Whats wrong with a pancake box?


----------



## CharlieR (Oct 13, 2010)

Nothing I suppose... I think you're only suppose to have the fixture and one set of 14g wires coming in right? My original plan was to have the power enter this fixture, and then go to the next and then to the switch, so I"d have to rearrange that... plus feeding the fixture first, so that would be 3 14g, plus the fixture wires....is that not too much even if I did change my plan?


----------



## stickboy1375 (Apr 28, 2012)

CharlieR said:


> Nothing I suppose... I think you're only suppose to have the fixture and one set of 14g wires coming in right? My original plan was to have the power enter this fixture, and then go to the next and then to the switch, so I"d have to rearrange that... plus feeding the fixture first, so that would be 3 14g, plus the fixture wires....is that not too much even if I did change my plan?


I would keep it to one 14-2 , just change the wiring plan.


----------



## CharlieR (Oct 13, 2010)

So with a pancake box, I don't notch the stud at all? It's meant to just go the drywall depth right?


----------



## brric (Mar 5, 2010)

Move the stud.


----------



## stickboy1375 (Apr 28, 2012)

CharlieR said:


> So with a pancake box, I don't notch the stud at all? It's meant to just go the drywall depth right?


Yes. Thats correct.


----------



## stickboy1375 (Apr 28, 2012)

brric said:


> Move the stud.


Maybe an option.


----------



## CharlieR (Oct 13, 2010)

Thanks Stickboy, thanks Brric.

Moving the stud... is difficult. THere is an intact room on the other side of the bathroom. So the plaster wall on the opposite side is still attached! 

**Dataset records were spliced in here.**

-- ===== src/Netlist/Numbers/Edits.antt =====
-- Calls of the methods that edit a module (src/warptap/netlist.py).
use warptap.Base.{ℕ, List, Option, String}
use warptap.Netlist.Data.{Bit, Value, Cell, Module}
use warptap.Netlist.{
  new_wire, add_cell, connect, set_keep, add_port, detach_port, rename_port, set_module_attribute,
}
use warptap.Netlist.Numbers.{Below, CellBelow, Numbered}
use warptap.Netlist.Numbers.Wires.{
  new_wire-Numbered, add_cell-Numbered, connect-Numbered, set_keep-Numbered,
}
use warptap.Netlist.Numbers.Ports.{add_port-Numbered, detach_port-Numbered, rename_port-Numbered}

-- Calls of the methods that change a module.
pub data Call : Type 0 where
  wire_call : ℕ → Option String → List (String × Value) → Call
  cell_call : String → Cell → Call
  connect_call : String → String → List Bit → Call
  keep_call : Option String → Option String → Call
  port_call : String → String → ℕ → Call
  detach_call : String → Call
  rename_call : String → String → Call
  attribute_call : String → Value → Call

-- The module after a call, also one that raises.
unfoldable pub perform : Call → Module → Module
unfolding new_wire add_cell connect set_keep add_port detach_port rename_port set_module_attribute
perform (wire_call width name attributes) m = (new_wire width name attributes m).1
perform (cell_call name cell) m = (add_cell name cell m).1
perform (connect_call cell port bits) m = (connect cell port bits m).1
perform (keep_call wire_name cell_name) m = (set_keep wire_name cell_name m).1
perform (port_call name direction width) m = (add_port name direction width m).1
perform (detach_call name) m = (detach_port name m).1
perform (rename_call old new) m = (rename_port old new m).1
perform (attribute_call key value) m = (set_module_attribute key value m).1

-- The nets that a call is given belong to the module.
abbrev pub Uses : Module → Call → Type 0
Uses m (cell_call name cell) = CellBelow m.next_bit cell
Uses m (connect_call cell port bits) = Below m.next_bit bits
Uses m call = Unit

pub perform-Numbered :
    (call : Call) (m : Module) → Numbered m → Uses m call → Numbered (perform call m)
unfolding perform
perform-Numbered (wire_call width name attributes) m h u =
    new_wire-Numbered width name attributes m h
perform-Numbered (cell_call name cell) m h u = add_cell-Numbered name cell m h u
perform-Numbered (connect_call cell port bits) m h u = connect-Numbered cell port bits m h u
perform-Numbered (keep_call wire_name cell_name) m h u = set_keep-Numbered wire_name cell_name m h
perform-Numbered (port_call name direction width) m h u = add_port-Numbered name direction width m h
perform-Numbered (detach_call name) m h u = detach_port-Numbered name m h
perform-Numbered (rename_call old new) m h u = rename_port-Numbered old new m h
perform-Numbered (attribute_call key value) m h u = unfold set_module_attribute in h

I'm guessing both of you think notching the stud is a *bad* idea? The pancake box might be promising....


----------



## stickboy1375 (Apr 28, 2012)

CharlieR said:


> Thanks Stickboy, thanks Brric.
> 
> Moving the stud... is difficult. THere is an intact room on the other side of the bathroom. So the plaster wall on the opposite side is still attached!
> 
> I'm guessing both of you think notching the stud is a *bad* idea? The pancake box might be promising....


I've notched my share of studs before, dont get me wrong, I just try to avoid it when possible.


----------



## mpoulton (Jul 23, 2009)

CharlieR said:


> I'm guessing both of you think notching the stud is a *bad* idea? The pancake box might be promising....


I'd notch the stud if a pancake box didn't work for some reason. For a nonstructural wall it's no big deal.


----------



## gregzoll (Dec 25, 2006)

Two inches to the right or left is not going to matter.


----------



## CharlieR (Oct 13, 2010)

thanks mpoulton

gregzoll... are you saying appearance wise? Or functionality wise, aka, the plate will cover it?


----------



## brric (Mar 5, 2010)

We use pancakes all the time, much more often than I'd like. Personally if it was up to me and time is no iissue, I'd prefer to notch the stud.


----------



## stickboy1375 (Apr 28, 2012)

gregzoll said:


> Two inches to the right or left is not going to matter.


sure it will... why do you think it won't?


----------



## gregzoll (Dec 25, 2006)

CharlieR said:


> thanks mpoulton
> 
> gregzoll... are you saying appearance wise? Or functionality wise, aka, the plate will cover it?


Both. Use a Old work or a "Smart" box. No one will notice that it is a little to the left or right.


----------



## stickboy1375 (Apr 28, 2012)

gregzoll said:


> Both. Use a Old work or a "Smart" box. No one will notice that it is a little to the left or right.


In your opinion, maybe... but that would never fly with me... I would see it in a heart beat.


----------



## sublime2 (Mar 21, 2012)

CharlieR said:


> Hello,
> 
> I'm trying to center a lamp right over the middle of a sink,
> 
> ...


2" in either direction of center WILL be obvious to the eye.
Notch the stud. Put some side support studs in if your concerned about load.


----------



## gregzoll (Dec 25, 2006)

Sbulime, no 2" will not be noticeable when it comes down to it. As for the pancake boxes, they make them so that you do not have to notch out the stud, you just have to cut the drywall to be able to secure the straps to both sides of the stud.


----------



## stickboy1375 (Apr 28, 2012)

gregzoll said:


> Sbulime, no 2" will not be noticeable when it comes down to it.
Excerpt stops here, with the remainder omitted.